TASK REQUIREMENTS:
Give only a number in reply. It should be how many lines in the records contain the string "port".

DATA EXTRACTS:
○ ○ ○ ○

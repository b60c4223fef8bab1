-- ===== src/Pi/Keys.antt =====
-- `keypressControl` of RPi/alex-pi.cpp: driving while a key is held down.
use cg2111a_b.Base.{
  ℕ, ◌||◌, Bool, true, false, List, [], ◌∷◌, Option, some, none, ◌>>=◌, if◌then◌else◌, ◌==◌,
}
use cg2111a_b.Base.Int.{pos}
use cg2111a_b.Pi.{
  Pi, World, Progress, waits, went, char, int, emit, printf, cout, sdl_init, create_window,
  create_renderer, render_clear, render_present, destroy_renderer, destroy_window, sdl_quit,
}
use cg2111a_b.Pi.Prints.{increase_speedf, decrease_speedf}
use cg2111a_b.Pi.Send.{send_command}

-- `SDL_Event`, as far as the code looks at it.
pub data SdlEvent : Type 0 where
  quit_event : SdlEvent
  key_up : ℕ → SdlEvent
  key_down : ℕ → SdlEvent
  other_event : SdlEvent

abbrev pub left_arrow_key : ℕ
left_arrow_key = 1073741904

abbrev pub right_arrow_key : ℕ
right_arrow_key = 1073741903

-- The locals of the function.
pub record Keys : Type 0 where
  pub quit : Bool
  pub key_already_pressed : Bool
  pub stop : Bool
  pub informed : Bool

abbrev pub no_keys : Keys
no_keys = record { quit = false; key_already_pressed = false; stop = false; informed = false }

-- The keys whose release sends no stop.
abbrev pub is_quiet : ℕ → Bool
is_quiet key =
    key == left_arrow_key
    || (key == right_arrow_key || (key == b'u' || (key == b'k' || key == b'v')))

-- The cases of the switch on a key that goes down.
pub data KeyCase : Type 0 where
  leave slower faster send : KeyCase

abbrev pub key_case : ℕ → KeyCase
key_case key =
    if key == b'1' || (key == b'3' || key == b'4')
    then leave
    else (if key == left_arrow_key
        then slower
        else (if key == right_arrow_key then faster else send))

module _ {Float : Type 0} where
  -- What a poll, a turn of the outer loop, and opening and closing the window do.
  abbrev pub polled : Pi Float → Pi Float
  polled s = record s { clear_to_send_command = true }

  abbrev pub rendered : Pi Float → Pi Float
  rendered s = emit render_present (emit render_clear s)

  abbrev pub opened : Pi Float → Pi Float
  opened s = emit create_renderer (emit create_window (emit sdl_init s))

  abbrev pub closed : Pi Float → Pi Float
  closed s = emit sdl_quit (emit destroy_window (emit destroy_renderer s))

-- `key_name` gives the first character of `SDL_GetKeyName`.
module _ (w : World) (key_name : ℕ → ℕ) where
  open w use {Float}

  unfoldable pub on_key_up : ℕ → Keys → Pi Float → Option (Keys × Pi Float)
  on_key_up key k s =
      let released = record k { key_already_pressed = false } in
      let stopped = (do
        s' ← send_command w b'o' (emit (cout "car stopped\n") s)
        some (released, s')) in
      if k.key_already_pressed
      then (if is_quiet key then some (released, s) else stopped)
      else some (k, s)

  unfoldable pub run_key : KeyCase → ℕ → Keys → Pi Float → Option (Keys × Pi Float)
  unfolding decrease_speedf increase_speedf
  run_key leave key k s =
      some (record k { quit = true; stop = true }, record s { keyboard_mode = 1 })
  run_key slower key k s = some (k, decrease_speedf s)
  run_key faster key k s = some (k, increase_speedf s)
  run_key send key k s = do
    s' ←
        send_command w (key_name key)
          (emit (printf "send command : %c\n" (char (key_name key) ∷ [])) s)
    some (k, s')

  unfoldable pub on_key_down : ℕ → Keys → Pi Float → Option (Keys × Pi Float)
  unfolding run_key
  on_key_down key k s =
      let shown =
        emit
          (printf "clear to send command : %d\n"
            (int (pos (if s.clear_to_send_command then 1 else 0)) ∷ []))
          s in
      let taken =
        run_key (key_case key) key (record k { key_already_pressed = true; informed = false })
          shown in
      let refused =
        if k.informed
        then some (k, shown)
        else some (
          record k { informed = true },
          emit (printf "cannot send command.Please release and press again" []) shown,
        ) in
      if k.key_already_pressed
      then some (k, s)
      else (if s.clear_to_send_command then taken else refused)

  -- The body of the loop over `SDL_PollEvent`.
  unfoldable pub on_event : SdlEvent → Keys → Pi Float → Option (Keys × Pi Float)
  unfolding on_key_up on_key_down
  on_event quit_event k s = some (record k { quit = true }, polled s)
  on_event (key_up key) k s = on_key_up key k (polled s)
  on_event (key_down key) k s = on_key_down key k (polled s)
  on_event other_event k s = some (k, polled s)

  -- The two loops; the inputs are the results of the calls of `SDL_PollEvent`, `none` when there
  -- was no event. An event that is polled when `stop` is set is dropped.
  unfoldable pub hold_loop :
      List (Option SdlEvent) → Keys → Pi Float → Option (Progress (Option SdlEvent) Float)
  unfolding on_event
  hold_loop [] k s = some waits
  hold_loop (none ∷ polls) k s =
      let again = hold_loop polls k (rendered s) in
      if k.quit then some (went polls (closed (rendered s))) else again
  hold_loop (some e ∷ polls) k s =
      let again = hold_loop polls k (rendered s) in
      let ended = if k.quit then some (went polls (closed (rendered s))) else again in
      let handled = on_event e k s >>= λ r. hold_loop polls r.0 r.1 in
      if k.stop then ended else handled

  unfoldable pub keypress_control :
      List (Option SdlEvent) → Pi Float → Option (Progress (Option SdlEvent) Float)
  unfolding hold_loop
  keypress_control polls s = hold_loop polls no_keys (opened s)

○ ○ ○ ○

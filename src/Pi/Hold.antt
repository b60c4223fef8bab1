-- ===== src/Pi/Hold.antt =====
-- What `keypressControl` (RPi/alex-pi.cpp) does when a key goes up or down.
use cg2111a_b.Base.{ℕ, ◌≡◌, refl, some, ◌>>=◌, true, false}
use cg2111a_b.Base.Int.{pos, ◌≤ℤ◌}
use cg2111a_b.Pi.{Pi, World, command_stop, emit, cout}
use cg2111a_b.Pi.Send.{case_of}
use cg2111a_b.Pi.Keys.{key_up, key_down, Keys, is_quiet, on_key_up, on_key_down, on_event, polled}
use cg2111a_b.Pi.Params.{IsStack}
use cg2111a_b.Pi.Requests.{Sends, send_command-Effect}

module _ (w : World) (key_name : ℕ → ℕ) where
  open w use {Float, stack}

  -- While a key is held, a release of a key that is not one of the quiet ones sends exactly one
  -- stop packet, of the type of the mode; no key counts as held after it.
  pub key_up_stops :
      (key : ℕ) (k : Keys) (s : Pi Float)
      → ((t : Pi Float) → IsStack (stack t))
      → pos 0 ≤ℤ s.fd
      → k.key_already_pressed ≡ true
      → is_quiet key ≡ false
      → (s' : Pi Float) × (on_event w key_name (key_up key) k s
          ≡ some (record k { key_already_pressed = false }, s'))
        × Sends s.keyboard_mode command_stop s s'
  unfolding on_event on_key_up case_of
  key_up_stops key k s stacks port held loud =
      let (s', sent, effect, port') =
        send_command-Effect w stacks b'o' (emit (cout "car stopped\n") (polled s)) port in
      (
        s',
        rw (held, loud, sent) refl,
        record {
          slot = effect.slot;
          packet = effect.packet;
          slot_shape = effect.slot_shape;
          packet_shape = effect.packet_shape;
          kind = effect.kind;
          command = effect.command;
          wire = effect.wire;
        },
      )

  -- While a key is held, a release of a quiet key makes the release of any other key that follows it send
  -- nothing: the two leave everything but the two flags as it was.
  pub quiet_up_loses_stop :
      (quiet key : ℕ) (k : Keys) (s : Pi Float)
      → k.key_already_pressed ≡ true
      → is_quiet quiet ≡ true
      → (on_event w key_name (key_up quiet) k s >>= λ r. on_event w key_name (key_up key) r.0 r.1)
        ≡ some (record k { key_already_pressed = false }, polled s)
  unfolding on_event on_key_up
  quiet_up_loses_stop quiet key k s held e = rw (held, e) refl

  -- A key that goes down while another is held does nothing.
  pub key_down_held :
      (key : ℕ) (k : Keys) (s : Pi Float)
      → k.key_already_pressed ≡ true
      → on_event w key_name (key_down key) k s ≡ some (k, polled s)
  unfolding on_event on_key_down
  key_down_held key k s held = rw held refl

○ ○ ○ ○

EXERCISE RESPONSE:
3